Data extracted from a collection:
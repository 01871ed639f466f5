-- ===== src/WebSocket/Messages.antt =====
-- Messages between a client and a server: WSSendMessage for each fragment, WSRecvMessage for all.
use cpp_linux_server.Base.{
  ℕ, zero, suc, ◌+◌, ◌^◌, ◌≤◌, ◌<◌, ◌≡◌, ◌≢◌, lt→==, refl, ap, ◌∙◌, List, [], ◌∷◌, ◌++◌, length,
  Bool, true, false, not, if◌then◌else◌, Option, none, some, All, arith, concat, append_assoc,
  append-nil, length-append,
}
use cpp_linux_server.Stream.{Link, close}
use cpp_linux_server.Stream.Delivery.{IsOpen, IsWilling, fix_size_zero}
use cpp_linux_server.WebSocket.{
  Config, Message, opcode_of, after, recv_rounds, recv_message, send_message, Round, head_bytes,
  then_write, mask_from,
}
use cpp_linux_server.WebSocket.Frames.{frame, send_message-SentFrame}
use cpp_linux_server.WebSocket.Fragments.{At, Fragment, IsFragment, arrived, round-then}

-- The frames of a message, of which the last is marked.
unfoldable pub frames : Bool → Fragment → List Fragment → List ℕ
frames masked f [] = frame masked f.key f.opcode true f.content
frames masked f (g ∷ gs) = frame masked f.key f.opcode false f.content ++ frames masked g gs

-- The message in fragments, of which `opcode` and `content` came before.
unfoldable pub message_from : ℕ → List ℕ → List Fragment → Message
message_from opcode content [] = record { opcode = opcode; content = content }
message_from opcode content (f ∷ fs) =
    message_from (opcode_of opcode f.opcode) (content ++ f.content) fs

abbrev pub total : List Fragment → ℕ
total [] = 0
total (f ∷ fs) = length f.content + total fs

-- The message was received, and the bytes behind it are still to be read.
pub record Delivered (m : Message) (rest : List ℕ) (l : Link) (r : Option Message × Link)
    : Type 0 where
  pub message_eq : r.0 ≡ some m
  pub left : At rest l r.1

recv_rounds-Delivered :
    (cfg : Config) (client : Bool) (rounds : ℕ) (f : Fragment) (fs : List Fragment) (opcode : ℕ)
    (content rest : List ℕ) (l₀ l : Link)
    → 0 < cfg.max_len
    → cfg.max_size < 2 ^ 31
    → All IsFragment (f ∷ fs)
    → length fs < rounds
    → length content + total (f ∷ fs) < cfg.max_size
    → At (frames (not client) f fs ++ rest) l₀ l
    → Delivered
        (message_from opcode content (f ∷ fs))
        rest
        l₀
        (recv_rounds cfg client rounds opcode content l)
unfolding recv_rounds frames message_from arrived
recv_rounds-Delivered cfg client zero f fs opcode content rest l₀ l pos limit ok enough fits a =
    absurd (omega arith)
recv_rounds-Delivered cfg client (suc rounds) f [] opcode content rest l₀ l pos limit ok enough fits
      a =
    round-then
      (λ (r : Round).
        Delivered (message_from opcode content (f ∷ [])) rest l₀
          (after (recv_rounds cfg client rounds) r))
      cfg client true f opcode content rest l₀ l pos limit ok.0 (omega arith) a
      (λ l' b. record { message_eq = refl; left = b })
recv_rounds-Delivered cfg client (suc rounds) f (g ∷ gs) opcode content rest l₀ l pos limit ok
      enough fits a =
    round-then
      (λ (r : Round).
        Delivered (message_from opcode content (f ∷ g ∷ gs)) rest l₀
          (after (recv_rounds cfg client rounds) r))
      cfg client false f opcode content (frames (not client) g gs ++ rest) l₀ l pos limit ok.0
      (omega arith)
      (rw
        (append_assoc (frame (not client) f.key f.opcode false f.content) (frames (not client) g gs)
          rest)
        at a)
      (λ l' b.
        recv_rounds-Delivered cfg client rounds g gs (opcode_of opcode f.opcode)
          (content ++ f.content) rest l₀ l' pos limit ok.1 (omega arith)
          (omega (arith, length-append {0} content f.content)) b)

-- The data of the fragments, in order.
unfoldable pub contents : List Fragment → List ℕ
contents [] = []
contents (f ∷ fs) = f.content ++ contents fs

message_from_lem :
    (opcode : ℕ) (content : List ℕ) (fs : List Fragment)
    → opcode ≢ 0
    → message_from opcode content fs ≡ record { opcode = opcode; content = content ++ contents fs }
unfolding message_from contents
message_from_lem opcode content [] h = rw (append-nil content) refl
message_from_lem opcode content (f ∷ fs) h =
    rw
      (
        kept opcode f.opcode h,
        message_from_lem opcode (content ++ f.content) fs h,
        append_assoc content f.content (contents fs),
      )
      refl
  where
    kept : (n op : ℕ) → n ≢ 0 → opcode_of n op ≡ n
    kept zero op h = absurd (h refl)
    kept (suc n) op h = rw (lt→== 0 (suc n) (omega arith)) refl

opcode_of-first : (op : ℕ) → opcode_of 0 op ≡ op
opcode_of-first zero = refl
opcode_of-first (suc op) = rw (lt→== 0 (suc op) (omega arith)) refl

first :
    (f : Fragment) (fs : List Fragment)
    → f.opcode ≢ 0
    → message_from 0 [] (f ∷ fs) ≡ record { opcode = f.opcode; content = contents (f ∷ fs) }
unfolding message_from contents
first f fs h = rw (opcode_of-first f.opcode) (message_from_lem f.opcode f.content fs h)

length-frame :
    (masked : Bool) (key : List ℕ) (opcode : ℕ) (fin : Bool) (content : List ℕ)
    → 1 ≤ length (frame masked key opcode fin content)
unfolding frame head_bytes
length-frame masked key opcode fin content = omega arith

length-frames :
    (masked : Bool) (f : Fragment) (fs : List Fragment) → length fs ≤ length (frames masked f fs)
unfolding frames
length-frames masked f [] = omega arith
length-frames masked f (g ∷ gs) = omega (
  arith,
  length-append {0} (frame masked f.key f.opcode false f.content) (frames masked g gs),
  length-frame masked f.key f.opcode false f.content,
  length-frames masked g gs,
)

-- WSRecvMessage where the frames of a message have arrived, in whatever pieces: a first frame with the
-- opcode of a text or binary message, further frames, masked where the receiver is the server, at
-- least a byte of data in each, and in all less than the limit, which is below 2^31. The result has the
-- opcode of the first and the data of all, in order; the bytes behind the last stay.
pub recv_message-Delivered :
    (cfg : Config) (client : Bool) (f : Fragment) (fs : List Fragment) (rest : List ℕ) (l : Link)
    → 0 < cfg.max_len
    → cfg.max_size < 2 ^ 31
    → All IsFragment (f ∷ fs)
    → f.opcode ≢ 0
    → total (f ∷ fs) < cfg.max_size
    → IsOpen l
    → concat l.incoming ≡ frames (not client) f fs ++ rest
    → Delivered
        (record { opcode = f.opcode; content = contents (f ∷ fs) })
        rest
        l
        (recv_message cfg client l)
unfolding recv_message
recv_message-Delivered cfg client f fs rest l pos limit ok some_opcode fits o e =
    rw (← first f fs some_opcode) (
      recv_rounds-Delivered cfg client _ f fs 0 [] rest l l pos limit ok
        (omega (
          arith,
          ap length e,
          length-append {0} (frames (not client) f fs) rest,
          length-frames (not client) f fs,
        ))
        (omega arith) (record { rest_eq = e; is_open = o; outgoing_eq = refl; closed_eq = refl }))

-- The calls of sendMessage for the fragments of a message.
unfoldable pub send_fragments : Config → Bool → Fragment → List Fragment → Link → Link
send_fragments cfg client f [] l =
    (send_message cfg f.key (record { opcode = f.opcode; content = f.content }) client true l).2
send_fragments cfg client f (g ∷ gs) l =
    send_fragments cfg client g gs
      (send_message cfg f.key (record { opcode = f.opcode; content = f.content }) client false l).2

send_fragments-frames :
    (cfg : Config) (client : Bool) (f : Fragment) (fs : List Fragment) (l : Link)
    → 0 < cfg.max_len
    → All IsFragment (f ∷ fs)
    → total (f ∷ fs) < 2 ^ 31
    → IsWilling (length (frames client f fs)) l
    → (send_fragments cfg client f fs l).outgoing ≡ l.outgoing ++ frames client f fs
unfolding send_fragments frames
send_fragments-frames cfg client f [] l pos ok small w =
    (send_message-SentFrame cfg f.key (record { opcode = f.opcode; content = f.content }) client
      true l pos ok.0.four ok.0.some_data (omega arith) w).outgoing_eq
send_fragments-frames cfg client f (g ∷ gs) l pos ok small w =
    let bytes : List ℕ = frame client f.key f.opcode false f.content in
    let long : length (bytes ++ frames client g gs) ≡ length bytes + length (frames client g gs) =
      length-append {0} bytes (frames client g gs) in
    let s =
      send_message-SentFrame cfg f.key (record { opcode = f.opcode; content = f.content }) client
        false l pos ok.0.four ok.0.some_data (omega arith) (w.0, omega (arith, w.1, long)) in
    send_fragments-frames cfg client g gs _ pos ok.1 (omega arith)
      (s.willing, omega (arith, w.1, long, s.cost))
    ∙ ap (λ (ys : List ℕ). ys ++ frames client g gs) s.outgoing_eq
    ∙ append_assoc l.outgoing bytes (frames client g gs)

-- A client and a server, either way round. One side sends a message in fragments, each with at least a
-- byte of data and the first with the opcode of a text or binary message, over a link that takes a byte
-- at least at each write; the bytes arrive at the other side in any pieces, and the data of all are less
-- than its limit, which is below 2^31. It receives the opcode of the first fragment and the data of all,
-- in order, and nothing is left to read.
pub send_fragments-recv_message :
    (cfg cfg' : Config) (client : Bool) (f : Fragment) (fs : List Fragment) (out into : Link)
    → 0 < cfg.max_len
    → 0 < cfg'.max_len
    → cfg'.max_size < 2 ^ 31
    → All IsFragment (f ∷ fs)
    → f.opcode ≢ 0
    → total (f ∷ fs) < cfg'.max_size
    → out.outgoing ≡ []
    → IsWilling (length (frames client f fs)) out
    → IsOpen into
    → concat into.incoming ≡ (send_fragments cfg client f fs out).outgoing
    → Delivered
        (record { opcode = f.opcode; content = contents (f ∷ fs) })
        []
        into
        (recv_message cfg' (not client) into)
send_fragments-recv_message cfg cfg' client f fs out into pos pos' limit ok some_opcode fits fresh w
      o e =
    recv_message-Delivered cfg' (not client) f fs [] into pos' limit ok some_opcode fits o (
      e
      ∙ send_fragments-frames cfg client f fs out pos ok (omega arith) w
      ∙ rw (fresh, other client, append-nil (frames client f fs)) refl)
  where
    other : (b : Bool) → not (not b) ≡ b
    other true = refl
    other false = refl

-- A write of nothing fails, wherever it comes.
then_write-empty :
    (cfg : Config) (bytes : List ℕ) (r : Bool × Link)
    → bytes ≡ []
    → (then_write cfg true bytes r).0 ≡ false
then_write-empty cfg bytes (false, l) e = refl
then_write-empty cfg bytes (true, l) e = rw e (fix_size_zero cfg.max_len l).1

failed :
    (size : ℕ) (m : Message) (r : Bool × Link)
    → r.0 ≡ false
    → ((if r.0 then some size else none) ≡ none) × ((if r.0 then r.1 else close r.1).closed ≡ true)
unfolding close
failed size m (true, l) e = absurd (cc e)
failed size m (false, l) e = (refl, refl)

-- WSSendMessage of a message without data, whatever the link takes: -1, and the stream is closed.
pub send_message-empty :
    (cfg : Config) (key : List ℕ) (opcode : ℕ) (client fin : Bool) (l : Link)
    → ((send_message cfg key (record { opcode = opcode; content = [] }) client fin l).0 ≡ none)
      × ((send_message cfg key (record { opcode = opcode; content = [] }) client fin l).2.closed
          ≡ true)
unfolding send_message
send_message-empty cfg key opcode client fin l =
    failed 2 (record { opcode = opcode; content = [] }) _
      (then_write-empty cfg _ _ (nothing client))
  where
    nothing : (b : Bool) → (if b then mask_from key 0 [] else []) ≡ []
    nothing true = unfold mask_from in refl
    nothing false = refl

• [WORK TO COMPLETE]
Please restate the records word for word. Go from the first line to the line with "unfoldable pub message_from" and include both.

• [TASK SOLUTION]
repository 01871ed639f466f5
-- ===== src/WebSocket/Messages.antt =====
-- Messages between a client and a server: WSSendMessage for each fragment, WSRecvMessage for all.
use cpp_linux_server.Base.{
  ℕ, zero, suc, ◌+◌, ◌^◌, ◌≤◌, ◌<◌, ◌≡◌, ◌≢◌, lt→==, refl, ap, ◌∙◌, List, [], ◌∷◌, ◌++◌, length,
  Bool, true, false, not, if◌then◌else◌, Option, none, some, All, arith, concat, append_assoc,
  append-nil, length-append,
}
use cpp_linux_server.Stream.{Link, close}
use cpp_linux_server.Stream.Delivery.{IsOpen, IsWilling, fix_size_zero}
use cpp_linux_server.WebSocket.{
  Config, Message, opcode_of, after, recv_rounds, recv_message, send_message, Round, head_bytes,
  then_write, mask_from,
}
use cpp_linux_server.WebSocket.Frames.{frame, send_message-SentFrame}
use cpp_linux_server.WebSocket.Fragments.{At, Fragment, IsFragment, arrived, round-then}

-- The frames of a message, of which the last is marked.
unfoldable pub frames : Bool → Fragment → List Fragment → List ℕ
frames masked f [] = frame masked f.key f.opcode true f.content
frames masked f (g ∷ gs) = frame masked f.key f.opcode false f.content ++ frames masked g gs

-- The message in fragments, of which `opcode` and `content` came before.
unfoldable pub message_from : ℕ → List ℕ → List Fragment → Message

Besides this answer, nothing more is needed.